Bahrain Braces for August 14 Protests as British Airways Refuses to Allow Maryam Al Khawaja to Board Plane to Manama

Washington, D.C. – This morning prominent Bahraini human rights defender Maryam Al Khawaja, Acting President of the Bahrain Center for Human Rights (BCHR), was refused permission to board a British Airways flight from Copenhagen to Bahrain, apparently at the request of the Bahraini regime. Today’s denial is another indication of the government’s crackdown as the scheduled August 14 protests approach, which are inspired by Egypt’s Tamarod (Rebellion) Movement. The date marks the anniversary of the country’s independence from Britain.

“It’s clear the Bahraini government is scared of the coming week,” Al Khawaja told Human Rights First today. “I was allowed into the country a few months ago but things are different now. Not letting human rights people in shows how nervous they are and how much they have to hide.”

Al Khawaja – who holds dual Bahraini-Danish citizenship – was due to visit Bahrain to monitor events before and during the planned. The demonstrations around August 14 are likely to be the most significant in over a year.

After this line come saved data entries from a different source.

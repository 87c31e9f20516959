-- ===== src/Release/Outside/Quiet.antt =====
-- Actions that make only calls of one kind, with a rule for each way to build one.
use cross_session_codex.Common.{
  Bool, true, false, List, [], ◌∷◌, Option, none, some, if◌then◌else◌, All,
}
use cross_session_codex.Release.Outside.{
  Call, Reply, fails, absent, says, found, World, Outside, Act, ask, pure, stop, lift, continue,
  ◌>>=◌, require, text_of, text, settled, need, each, collect,
}

-- Every call that the action makes has the property.
pub record Makes {A : Type 0} (P : Call → Type 0) (m : Act A) : Type 0 where
  pub at : (outside : Outside) (w : World) → All P w.log → All P (m outside w).1.log

module _ {P : Call → Type 0} where
  pub Makes-ask : (c : Call) → P c → Makes P (ask c)
  unfolding ask
  Makes-ask c p = record { at = λ outside w h. (p, h) }

  pub Makes-pure : {A : Type 0} → (a : A) → Makes P (pure a)
  unfolding pure
  Makes-pure a = record { at = λ outside w h. h }

  pub Makes-stop : {A : Type 0} → Makes P (stop {A = A})
  unfolding stop
  Makes-stop = record { at = λ outside w h. h }

  pub Makes-lift : {A : Type 0} → (r : Option A) → Makes P (lift r)
  Makes-lift none = Makes-stop
  Makes-lift (some a) = Makes-pure a

  continue-Makes :
      {A B : Type 0}
      → (f : A → Act B) → ((a : A) → Makes P (f a))
      → (r : Option A) (outside : Outside) (w : World) → All P w.log
      → All P (continue r f outside w).1.log
  continue-Makes f h none outside w k = k
  continue-Makes f h (some a) outside w k = (h a).at outside w k

  pub Makes-bind :
      {A B : Type 0}
      → (m : Act A) (f : A → Act B) → Makes P m
      → ((a : A) → Makes P (f a))
      → Makes P (m >>= f)
  unfolding ◌>>=◌
  Makes-bind m f hm hf = record {
    at = λ outside w k.
        continue-Makes f hf (m outside w).0 outside (m outside w).1 (hm.at outside w k);
  }

  pub Makes-require : (b : Bool) → Makes P (require b)
  Makes-require true = Makes-pure tt
  Makes-require false = Makes-stop

  pub Makes-if :
      {A : Type 0} → (b : Bool) (m n : Act A) → Makes P m → Makes P n → Makes P (if b then m else n)
  Makes-if true m n h k = h
  Makes-if false m n h k = k

  Makes-text_of : (r : Reply) → Makes P (text_of r)
  Makes-text_of fails = Makes-stop
  Makes-text_of absent = Makes-stop
  Makes-text_of (says t) = Makes-pure t
  Makes-text_of (found k) = Makes-stop

  pub Makes-text : (c : Call) → P c → Makes P (text c)
  Makes-text c p = Makes-bind (ask c) text_of (Makes-ask c p) Makes-text_of

  Makes-settled : (r : Reply) → Makes P (settled r)
  Makes-settled fails = Makes-stop
  Makes-settled absent = Makes-pure tt
  Makes-settled (says t) = Makes-pure tt
  Makes-settled (found k) = Makes-pure tt

  pub Makes-need : (c : Call) → P c → Makes P (need c)
  Makes-need c p = Makes-bind (ask c) settled (Makes-ask c p) Makes-settled

  pub Makes-each :
      {A : Type 0}
      → (f : A → Act (Unit {0})) → ((a : A) → Makes P (f a))
      → (xs : List A) → Makes P (each f xs)
  Makes-each f h [] = Makes-pure tt
  Makes-each f h (x ∷ xs) = Makes-bind (f x) (λ _. each f xs) (h x) (λ _. Makes-each f h xs)

  pub Makes-collect :
      {A B : Type 0}
      → (f : A → Act B) → ((a : A) → Makes P (f a))
      → (xs : List A) → Makes P (collect f xs)
  Makes-collect f h [] = Makes-pure []
  Makes-collect f h (x ∷ xs) =
      Makes-bind (f x) (λ y. collect f xs >>= λ ys. pure (y ∷ ys)) (h x)
        (λ y.
          Makes-bind (collect f xs) (λ ys. pure (y ∷ ys)) (Makes-collect f h xs)
            (λ ys. Makes-pure (y ∷ ys)))
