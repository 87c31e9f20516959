-- ===== src/Release/Run/Guarded.antt =====
-- Nothing is published unless the source is what it was before the build.
use cross_session_codex.Common.{ℕ, zero, suc, ◌≡◌, refl, Bool, true, false, List, ◌∷◌, Bytes}
use cross_session_codex.Release.Outside.{
  Call, lstat, publish_directory, rename, Reply, fails, absent, says, found, Act, ask,
}
use cross_session_codex.Release.Outside.Quiet.{
  Makes, Makes-ask, Makes-pure, Makes-stop, Makes-lift, Makes-bind, Makes-require, Makes-if,
  Makes-text, Makes-need, Makes-each, Makes-collect,
}
use cross_session_codex.Path.{dir}
use cross_session_codex.Release.Source.{Options, Target, Manifest, inspect_source}
use cross_session_codex.Path.{base}
use cross_session_codex.Release.Checks.{
  repository_root, check_toolchain, safe_output, safe_output_within, existing, existing_reply,
  check_build_destination,
}
use cross_session_codex.Release.Run.{Setup, set_up, compile, make_target, build_all}

-- A call that changes nothing but the stage.
abbrev pub is_quiet : Call → Bool
is_quiet (publish_directory a b) = false
is_quiet (rename a b) = false
is_quiet _ = true

abbrev pub IsQuiet : Call → Type 0
IsQuiet c = is_quiet c ≡ true

ruleset makes = (
  Makes-ask, Makes-pure, Makes-stop, Makes-lift, Makes-bind, Makes-require, Makes-if, Makes-text,
  Makes-need, Makes-each, Makes-collect, refl,
)

pub inspect-IsQuiet :
    (digest : Bytes → Bytes) (root stage : Bytes) → Makes IsQuiet (inspect_source digest root stage)
unfolding inspect_source
inspect-IsQuiet digest root stage = search makes depth 40

repository_root-IsQuiet : (source : Bytes) → Makes IsQuiet (repository_root source)
unfolding repository_root
repository_root-IsQuiet source = search makes depth 40

check_toolchain-IsQuiet :
    (environ : List Bytes) (root : Bytes) → Makes IsQuiet (check_toolchain environ root)
unfolding check_toolchain
check_toolchain-IsQuiet environ root = search makes depth 40

existing_reply-IsQuiet :
    (parent : Bytes) (missing : List Bytes) (again : Act (Bytes × List Bytes))
    → Makes IsQuiet again
    → (r : Reply) → Makes IsQuiet (existing_reply parent missing again r)
existing_reply-IsQuiet parent missing again h fails = Makes-stop
existing_reply-IsQuiet parent missing again h absent = h
existing_reply-IsQuiet parent missing again h (says t) = Makes-pure _
existing_reply-IsQuiet parent missing again h (found k) = Makes-pure _

existing-IsQuiet :
    (n : ℕ) (parent : Bytes) (missing : List Bytes) → Makes IsQuiet (existing n parent missing)
existing-IsQuiet zero parent missing = Makes-stop
existing-IsQuiet (suc n) parent missing =
    let rest = existing-IsQuiet n (dir parent) (base parent ∷ missing) in
    Makes-bind (ask (lstat parent)) _ (Makes-ask (lstat parent) refl)
      (existing_reply-IsQuiet parent missing _ rest)

safe_output-IsQuiet : (root output : Bytes) → Makes IsQuiet (safe_output root output)
unfolding safe_output safe_output_within
safe_output-IsQuiet root output = search (makes, existing-IsQuiet) depth 40

check_build_destination-IsQuiet :
    (root path : Bytes) → Makes IsQuiet (check_build_destination root path)
unfolding check_build_destination
check_build_destination-IsQuiet root path = search makes depth 40

pub set_up-IsQuiet :
    (digest : Bytes → Bytes) (environ : List Bytes) (o : Options)
    → Makes IsQuiet (set_up digest environ o)
unfolding set_up
set_up-IsQuiet digest environ o =
    search
      (
        makes, inspect-IsQuiet, repository_root-IsQuiet, check_toolchain-IsQuiet,
        safe_output-IsQuiet,
      )
      depth 60

compile-IsQuiet :
    (environ : List Bytes) (print_date : ℕ → Bytes) (root output : Bytes) (t : Target)
    (m : Manifest)
    → Makes IsQuiet (compile environ print_date root output t m)
unfolding compile
compile-IsQuiet environ print_date root output t m = search makes depth 40

make_target-IsQuiet :
    (environ : List Bytes) (print_date : ℕ → Bytes) (o : Options) (s : Setup) (build_root : Bytes)
    (t : Target)
    → Makes IsQuiet (make_target environ print_date o s build_root t)
make_target-IsQuiet environ print_date o s build_root t = search (makes, compile-IsQuiet) depth 40

pub build_all-IsQuiet :
    (environ : List Bytes) (print_date : ℕ → Bytes) (native : Target) (o : Options) (s : Setup)
    → Makes IsQuiet (build_all environ print_date native o s)
unfolding build_all
build_all-IsQuiet environ print_date native o s =
    search (makes, make_target-IsQuiet, check_build_destination-IsQuiet) depth 60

The denial of Al Khawaja’s access to Bahrain follows the withdrawal of U.N. Special Rapporteur on Torture Juan Mendez’s invitation to visit the country in May, and the volte-face in March, when the Bahraini government first granted permission to Human Rights First’s Brian Dooley to visit the country, and then withdrew permission shortly before his arrival.

“A fresh wave of arrests, new decrees issued by the king, strengthening crackdown powers, and now this, all point to how tense things are,” said Dooley. “The U.S. government and others should watch events closely in the coming days and publicly denounce limits on the freedoms of expression and assembly.”